Farm groups seek IHT changes as Finance Bill progresses
© Adobe Stock Farm organisations are pressing for further changes to the government’s farm inheritance tax plans, as the Finance Bill reaches its crucial “report stage” in the House of Commons on Wednesday (11 March).
The Tenant Farmers Association (TFA) says it welcomes some of the improvements since the plans were first announced in October 2024, such as increasing the inheritance tax (IHT) threshold to £2.5m and making this relief transferable between spouses.
See also: Where now for the tenanted farm sector?
However, in a letter to chancellor Rachel Reeves sent on Monday (9 March), the TFA says it is seeking two further amendments “to protect hard-working farming families operating their holdings under agricultural tenancies”.
The first step is to free from tax the inherited value of a joint agricultural tenancy, following the death of one of those joint tenants.
“Although the inherited share of an agricultural tenancy will have a theoretical value, it is not a value that can be realised by beneficiaries,” said TFA chief executive George Dunn.
“Those who inherit a share of a joint tenancy have no means to capitalise on that and will have no way to liquidate the asset in the context of a continuing business to allow them to pay tax.
“This is inherently unfair and must be addressed by government.”
Long-term lets
The second step is to protect and encourage longer-term letting by landowners, given that the number of farm business tenancies is declining, as it the average length of a farm let.
“Sadly, the planned restriction on agricultural property relief is causing private estates to either remove land from the tenanted sector entirely, or to let only on a short-term basis so that the asset is close to hand if an unexpected tax bill arises,” said Mr Dunn.
The TFA says it is grateful to both Liberal Democrats and Conservative MPs for tabling 12 amendments to the bill addressing these two concerns.
Outside investors
Meanwhile, NFU president Tom Bradshaw says he remains “fundamentally opposed” to the whole concept of inheritance tax being levied on farm assets.

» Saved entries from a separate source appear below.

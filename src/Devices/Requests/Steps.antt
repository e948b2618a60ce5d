-- ===== src/Devices/Requests/Steps.antt =====
-- The operation of the storage that a request of the manager comes down to.
use wg_access_server.Prelude.{
  ℕ, Bool, ◌≡◌, ◌⊎◌, inl, inr, Option, List, ◌==◌, list_eq, nat_eq, arith, Result, ok, err,
  >>=-eq-ok, Bool-cases, Result-cases,
}
use wg_access_server.Prelude.Text.{Text}
use wg_access_server.Netip.{Prefix}
use wg_access_server.Netip.Codec.{Codec}
use wg_access_server.Storage.{Device}
use wg_access_server.Storage.Memory.{
  Memory, Outcome, StorageError, save, rename, set_access, set_routes, set_keys, delete_device,
  get_device,
}
use wg_access_server.Devices.Manager.{
  Config, Owner, Manual, AccessChange, from_storage, add_device, add_device_locked, client_address,
  new_device, rename_device, set_device_access, rotate_keys, remove_device, new_disabled,
  new_expiry,
}
use wg_access_server.Devices.Routes.{set_device_routes, normalize_routes, check_routes, route_text}

pub from_storage-eq-ok :
    {A : Type 0} (r : Result StorageError A) (a : A) → from_storage r ≡ ok a → r ≡ ok a
from_storage-eq-ok (ok x) a h = ground arith
from_storage-eq-ok (err e) a h = cc

pub add_device-save :
    (c : Codec) (config : Config) (s : Memory) (owner : Owner)
    (name public_key preshared_key : Text) (manual : Manual) (now : ℕ) (o : Outcome Device)
    → add_device c config s owner name public_key preshared_key manual now ≡ ok o
    → (t : Text) × (o' : Outcome Unit) × (save s
          (new_device owner name public_key preshared_key t now)
        ≡ ok o')
      × (o.after ≡ o'.after)
unfolding add_device add_device_locked
add_device-save c config s owner name public_key preshared_key manual now o h =
    elim (Result-cases (client_address c config s manual)) [
      | inr (x, e) ↦ ground arith
      | inl (t, e) ↦
          elim (Result-cases (save s (new_device owner name public_key preshared_key t now))) [
            | inr (x, e') ↦ ground arith
            | inl (o', e') ↦ (t, o', e', ground arith)
          ]
    ]

module _ (s : Memory) (user name : Text) (o : Outcome Device) where
  pub rename_device-rename :
      (new_name : Text)
      → rename_device s user name new_name ≡ ok o
      → (o.after ≡ s)
        ⊎ ((d : Device) × (get_device s user name ≡ ok d) × (rename s d new_name ≡ ok o))
  unfolding rename_device
  rename_device-rename new_name h = elim (Result-cases (get_device s user name)) [
    | inr (x, e) ↦ ground arith
    | inl (d, e) ↦ elim (Bool-cases (name == new_name)) [
      | inl same ↦ inl (ground arith)
      | inr other ↦ elim (Result-cases (rename s d new_name)) [
        | inr (x, e') ↦ ground arith
        | inl (o', e') ↦ inr (d, e, ground arith)
      ]
    ]
  ]

  pub set_device_access-set_access :
      (change : AccessChange) (now : ℕ)
      → set_device_access s user name change now ≡ ok o
      → (d : Device) × (blocked : Bool) × (expiry : Option ℕ) × (get_device s user name ≡ ok d)
        × (set_access s d blocked expiry ≡ ok o)
  unfolding set_device_access
  set_device_access-set_access change now h =
      let (d, at, r) = >>=-eq-ok (from_storage (get_device s user name)) _ h in
      let (expiry, at', r') =
        >>=-eq-ok (new_expiry change.clear_expires_at change.expires_at d.expires_at now) _ r in
      let blocked : Bool = new_disabled change.disabled d.disabled in
      (
        d,
        blocked,
        expiry,
        from_storage-eq-ok (get_device s user name) d at,
        from_storage-eq-ok (set_access s d blocked expiry) o r',
      )

  pub set_device_routes-set_routes :
      (c : Codec) (config : Config) (host : Option (List Prefix)) (networks : List Text)
      → set_device_routes c config host s user name networks ≡ ok o
      → (d : Device) × (text : Text) × (get_device s user name ≡ ok d)
        × (set_routes s d text ≡ ok o)
  unfolding set_device_routes
  set_device_routes-set_routes c config host networks h =
      let (ps, at, r) = >>=-eq-ok (normalize_routes c networks) _ h in
      let (d, at', r') = >>=-eq-ok (from_storage (get_device s user name)) _ r in
      let (u, at'', r'') = >>=-eq-ok (check_routes c config host s ps d) _ r' in
      (
        d,
        route_text c ps,
        from_storage-eq-ok (get_device s user name) d at',
        from_storage-eq-ok _ o r'',
      )

pub rotate_keys-set_keys :
    (s : Memory) (user name public_key preshared_key old : Text) (o : Outcome Device)
    → rotate_keys s user name public_key preshared_key ≡ ok (old, o)
    → (d : Device) × (get_device s user name ≡ ok d)
      × (set_keys s d public_key preshared_key ≡ ok o)
unfolding rotate_keys
rotate_keys-set_keys s user name public_key preshared_key old o h =
    elim (Result-cases (get_device s user name)) [
      | inr (x, e) ↦ ground arith
      | inl (d, e) ↦ elim (Result-cases (set_keys s d public_key preshared_key)) [
        | inr (x, e') ↦ ground arith
        | inl (o', e') ↦ (d, e, ground arith)
      ]
    ]

pub remove_device-delete :
    (s : Memory) (user name : Text) (o : Outcome Unit)
    → remove_device s user name ≡ ok o
    → (d : Device) × (get_device s user name ≡ ok d) × (delete_device s d ≡ ok o)
unfolding remove_device
remove_device-delete s user name o h = elim (Result-cases (get_device s user name)) [
  | inr (x, e) ↦ ground arith
  | inl (d, e) ↦ (d, e, from_storage-eq-ok (delete_device s d) o (ground arith))
]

“It does nothing to disincentivise outside wealth investing in land, risks the opportunity for longer-term tenancies, and jeopardises some of our more productive farming businesses,” said Mr Bradshaw.
“That is why we are working with opposition parties that have publicly supported overturning the policy, with the aim of turning those promises into manifesto commitments that protect active farm businesses.”
Country Land and Business Association president Gavin Lane says the IHT changes remain flawed and would continue to harm many family-owned businesses.
“In the immediate term, ministers can help by extending the period before which inheritance tax must be paid from six to 12 months, and increase the relief for woodland areas to ensure tree planting isn’t hit by the changes,” said Mr Lane.
“For the benefit of the country’s growth and investment agenda, we will continue to campaign for a full reversal.”